A rotation in 3D does not have a centre point, technically -- just an axis. The reason that Solve complains is that there should be a one-parameter family of solutions. But since the TransformationFunction is in terms of approximate reals, it is slightly off. Things that should cancel out exactly and produce a null space of dimension one do not. But they are close, which is what Mathematica is warning about in its messages. (It doesn't know whether they should or should not cancel.)

One way to get around it is to recognize that the rank of your system should be two and use only two (nontrivial) equations of the system. (Update: Some systems have a null space spanned by one of the standard basis vectors. In such cases, the corresponding variable is missing from the system. The updated code solves for variables that are actually present in the system. Also, small numbers are chopped.)

axisRule =
With[{eqns = DeleteCases[Thread@Chop[newt[{x, y, z}] == 1. {x, y, z}], True]},
First @ Solve[
eqns[[1 ;; 2]],
DeleteDuplicates@Cases[eqns, _Symbol, Infinity][[1 ;; 2]]
]]
(*
{x -> -0.687317 + 1.522 z, y -> 12.3478 - 4.02178 z}
*)


We can use the answer to parametrize the axis:

axis[z_] := Evaluate[{x, y, z} /. axisRule]


And plot it:

Graphics3D[{PointSize[Large],
Darker@Green, Point[pts1],
Red, Point[pts2],
Thick, Blue, Line[{axis[-5], axis[12]}],
{Thin, Black, Dashed, Line[Transpose[{pts1, pts2}]],
PointSize[Medium], Point[Flatten[NestList[t, t@pts2, 9], 1]]}
}]


-
Thanks Michael E2. Your solution works well for one of my problems. In this problem the second set of points was created by rotating (alone) the first set of points. For the other problem the second set of points was created by rotating AND translating the first set of points. Your solution did not work for this problem. Was this because there was translation as well? I think so. However, I'm not sure how there is no center point of rotation? We can use RotationTransform[theta,w,p], p is the center of rotation. Is there a way to get from the resulting TransformationFunction back to theta,w,p? – dime Jan 10 '14 at 4:42
simple example: pt1={{0,0,0},{1,0,0},{0,1,0},{0,0,1}}; w={0,1,0};p={-0.25,-0.25,-0.25}; simpt=RotationTransform[0.35,w,p] pt2 = simpt[pt1] Graphics3D[{PointSize[0.02], Darker@Green, Point[pt1], Darker@Red,Point[pt2],PointSize[0.03],Black,Point[p], Dashed,Thick,Orange,Line[{p-w,p+w}], Thin,Green,Line[{{pt1[[1]],pt1[[2]]},{pt1[[1]],pt1[[3]]},{pt1[[1]],pt1[[4]]}}],T‌​hin,Red,Line[{{pt2[[1]],pt2[[2]]},{pt2[[1]],pt2[[3]]},{pt2[[1]], pt2[[4]]}}]}] newt=FindGeometricTransform[pt1, pt2][[2]] then using axisRule: axis[1]={-0.83,1.7*10^15,1}, but how can this be plotted easily? – dime Jan 10 '14 at 5:06
@dime See if the update helps. Some linear algebra might help with other edge cases. – Michael E2 Jan 10 '14 at 6:00

My feeling is that the transformation has actually a center of rotation close to infinity and that what the method returns is just affected by numerical errors.
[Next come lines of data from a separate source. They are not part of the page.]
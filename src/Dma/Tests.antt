-- ===== src/Dma/Tests.antt =====
-- A pool of two buffers, and its leases.
use minicam_hal.Common.{ℕ, ◌+◌, ◌≡◌, ◌≢◌, refl, true, [], ◌∷◌, some, pos, arith}
use minicam_hal.Dma.{
  Heap, DmaBufPool, new_pool, no_lease, acquire, release, reset_lease, close, available, initialize,
  allocate_each, allocate_locked, ensure_open_locked,
}
use minicam_hal.Dma.Books.{IsValid}
use minicam_hal.Dma.Pool.{acquires, initializes, call, call-IsValid}
use minicam_hal.Dma.Leases.{run, stale-release, acquire-acquire, acquire-reset}

abbrev heap : Heap
heap = record {
  open_fd = some (pos 3);
  allocate = λ i. some (pos (10 + i));
  map_succeeds = λ i. true;
  address = λ i. 100 + i;
  strerror = "";
}

abbrev pool : DmaBufPool
pool = (initialize heap 96 2 true new_pool).1

new_pool-IsValid : IsValid new_pool
new_pool-IsValid = record { distinct = λ a. omega arith; free_exact = λ a. refl; conserved = refl }

call-IsValid_example : IsValid (call heap (initializes 96 2 true) new_pool)
call-IsValid_example =
    call-IsValid heap (λ i j e. omega (arith, e)) (initializes 96 2 true) new_pool new_pool-IsValid

pool-IsValid : IsValid pool
unfolding call
pool-IsValid = call-IsValid_proof
  where
    call-IsValid_proof : IsValid (call heap (initializes 96 2 true) new_pool)
    call-IsValid_proof =
        call-IsValid heap (λ i j e. omega (arith, e)) (initializes 96 2 true) new_pool
          new_pool-IsValid

-- The buffer at address 100 is taken anew.
stale-release_example :
    let closed = run heap (acquires ∷ []) (close pool) in
    let renewed = run heap (acquires ∷ []) (initialize heap 64 1 true pool).1 in
    (release (some 100) pool.generation closed ≡ closed)
    × (release (some 100) pool.generation renewed ≡ renewed)
stale-release_example =
    stale-release heap 64 1 true (some 100) (acquires ∷ []) pool (ground arith) (ground arith)
      (refl, tt)

acquire-acquire_example : ◌≢◌ {A = ℕ} 100 101
unfolding acquire initialize allocate_each allocate_locked ensure_open_locked
acquire-acquire_example = acquire-acquire pool 100 101 pool-IsValid refl refl

acquire-reset_example :
    let (lease, taken) = acquire pool in
    let (empty, returned) = reset_lease lease taken in
    (available taken + 1 ≡ available pool)
    × (returned.free_buffers ≡ 101 ∷ 100 ∷ [])
    × (release lease.buffer lease.generation returned ≡ returned)
    × (reset_lease empty returned ≡ (no_lease, returned))
unfolding initialize allocate_each allocate_locked ensure_open_locked
acquire-reset_example = acquire-reset pool 100 (101 ∷ []) pool-IsValid refl
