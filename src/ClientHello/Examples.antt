-- ===== src/ClientHello/Examples.antt =====
-- Runs of the ClientHello parser, and its theorems at a concrete hello.
use lhotse_agent.Prelude.{
  zero, suc, ℕ, ◌≡◌, refl, true, none, List, [], ◌∷◌, arith, length, take, codes,
}
use lhotse_agent.ClientHello.{
  ok, peeked, Peeked, parse_client_hello_server_name, peek_client_hello_server_name,
}
use lhotse_agent.ClientHello.Runs.{Settles, parse_client_hello_server_name-Settles}
use lhotse_agent.ClientHello.Wire.{
  Hello, IsWellFormed, encode_record, name_list, server_name_extension, extension_block, hello_body,
  handshake,
}
use lhotse_agent.ClientHello.RoundTrip.{parse-encode_record}
use lhotse_agent.ClientHello.Peek.{PeeksExactly, peek-encode_record}

abbrev zeros : ℕ → List ℕ
zeros zero = []
zeros (suc n) = 0 ∷ zeros n

abbrev pub example : Hello
example = record {
  opening = zeros 34;
  session_id = 7 ∷ 7 ∷ [];
  cipher_suites = 0x13 ∷ 1 ∷ [];
  compression_methods = 0 ∷ [];
  before = record { kind = 10; payload = 0 ∷ 29 ∷ [] } ∷ [];
  earlier = record { name_kind = 1; name = 120 ∷ [] } ∷ [];
  host_name = codes "a.io";
  later = [];
  after = 0 ∷ 16 ∷ 0 ∷ 0 ∷ [];
}

pub example-IsWellFormed : IsWellFormed example
unfolding name_list server_name_extension extension_block hello_body handshake
example-IsWellFormed = omega arith

parse-encode_record_example :
    parse_client_hello_server_name (encode_record example (9 ∷ [])) ≡ ok (codes "a.io")
parse-encode_record_example = parse-encode_record example (9 ∷ []) example-IsWellFormed

Settles_example : Settles (λ s. Unit {0}) (parse_client_hello_server_name (22 ∷ 3 ∷ 1 ∷ 0 ∷ 9 ∷ []))
Settles_example = parse_client_hello_server_name-Settles (22 ∷ 3 ∷ 1 ∷ 0 ∷ 9 ∷ [])

unfoldable pub reader : ℕ → Peeked
reader n = peeked (take n (encode_record example []))

peek-encode_record_example :
    peek_client_hello_server_name reader
    ≡ record { server_name = codes "a.io"; is_tls = true; error = none }
unfolding reader handshake hello_body extension_block server_name_extension name_list
peek-encode_record_example =
    peek-encode_record reader example [] example-IsWellFormed (omega arith) (λ n _ _. refl)

length-zeros : (n : ℕ) → length (zeros n) ≡ n
length-zeros zero = refl
length-zeros (suc n) = omega (arith, length-zeros n)

exactly : PeeksExactly (λ n. peeked (zeros n))
exactly n bytes e = ground (arith, length-zeros n)
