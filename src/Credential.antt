-- ===== src/Credential.antt =====
-- pkg/credential/fetcher.go and resolver.go: asking the vault for the credential of an agent and a
-- user at a host, with a cache. The calls of Resolve are taken one after the other. Times are in
-- nanoseconds; what the vault and the clock answer are parameters of a call.

pub mod Answers
pub mod Examples
use lhotse_agent.Prelude.{
  ℕ, not, Option, none, List, ◌++◌, ◌==◌, if◌then◌else◌, Str, codes, is_empty,
}
use lhotse_agent.Remote.{Fallible, good, bad}
use lhotse_agent.TtlCache.{Cache, Answer, keeps, fails, Result, ok, err}
use lhotse_agent.TtlCache

pub record Credential : Type 0 where
  pub header_name : Str
  pub header_prefix : Str
  pub value : Str

pub data Error : Type 0 where
  request_failed invalid_json : Str → Error
  vault_status : ℕ → Error

-- A response of the vault: its status, and what decoding its body gives.
pub record VaultResponse : Type 0 where
  pub status : ℕ
  pub payload : Fallible (Option Credential)

-- What a call of Resolve meets: the vault, and the clock when the cache is checked and filled.
pub record World : Type 0 where
  pub post : Str → Str → Str → Fallible VaultResponse
  pub checked_at : ℕ
  pub stored_at : ℕ

decoded : Fallible (Option Credential) → Result (Option Credential) Error
decoded (good c) = ok c
decoded (bad e) = err (invalid_json e)

read_answer : Fallible VaultResponse → Result (Option Credential) Error
unfolding decoded
read_answer (bad e) = err (request_failed e)
read_answer (good r) =
    if r.status == 404
    then ok none
    else if not (r.status == 200)
    then err (vault_status r.status)
    else decoded r.payload

-- Fetcher.Fetch
unfoldable pub fetch : World → Str → Str → Str → Str → Result (Option Credential) Error
unfolding read_answer
fetch w vault_uri agent_id target_host user_id =
    if is_empty vault_uri then ok none else read_answer (w.post agent_id target_host user_id)

abbrev pub ttl : ℕ
ttl = 30000000000

unfoldable pub fmt_key : Str → Str → Str → Str
fmt_key agent_id target_host user_id =
    agent_id ++ (codes ":" ++ (target_host ++ (codes ":" ++ user_id)))

-- What Resolve does with the answer of Fetch: a credential is kept, the lack of one too.
unfoldable pub to_answer : Result (Option Credential) Error → Answer (Option Credential) Error
to_answer (ok c) = keeps c ttl
to_answer (err e) = fails e

unfoldable pub call : World → Str → Str → Str → Str → TtlCache.Call (Option Credential) Error
call w vault_uri agent_id target_host user_id = record {
  key = fmt_key agent_id target_host user_id;
  checked_at = w.checked_at;
  stored_at = w.stored_at;
  answer = to_answer (fetch w vault_uri agent_id target_host user_id);
}

-- Resolver.Resolve
unfoldable pub resolve :
    World
    → Str
    → Str
    → Str
    → Str
    → Cache (Option Credential)
    → Cache (Option Credential) × Result (Option Credential) Error
resolve w vault_uri agent_id target_host user_id c =
    if is_empty vault_uri
    then (c, ok none)
    else TtlCache.resolve (call w vault_uri agent_id target_host user_id) c

-- The arguments of one call of Resolve, and a history of calls.
pub record Request : Type 0 where
  pub world : World
  pub agent_id : Str
  pub target_host : Str
  pub user_id : Str

pub resolves : Str → List Request → Cache (Option Credential) → Cache (Option Credential)
resolves vault_uri List.[] c = c
resolves vault_uri (List.◌∷◌ r rs) c =
    resolves vault_uri rs (resolve r.world vault_uri r.agent_id r.target_host r.user_id c).0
To see this you may do the following:

rpts1 = Rationalize[pts1, 10^-20];
rpts2 = Rationalize[pts2, 10^-20];

t = FindGeometricTransform[rpts2, rpts1][[2]];

rt = Rationalize[t, 10^-20];

fixedPoint = {x, y, z} /. Solve[rt[{x, y, z}] == {x, y, z}, {x, y, z}];

fixedPoint // N
`

(-7.47793*10^(14) -2.10147*10^(15) -1.07537*10^(14)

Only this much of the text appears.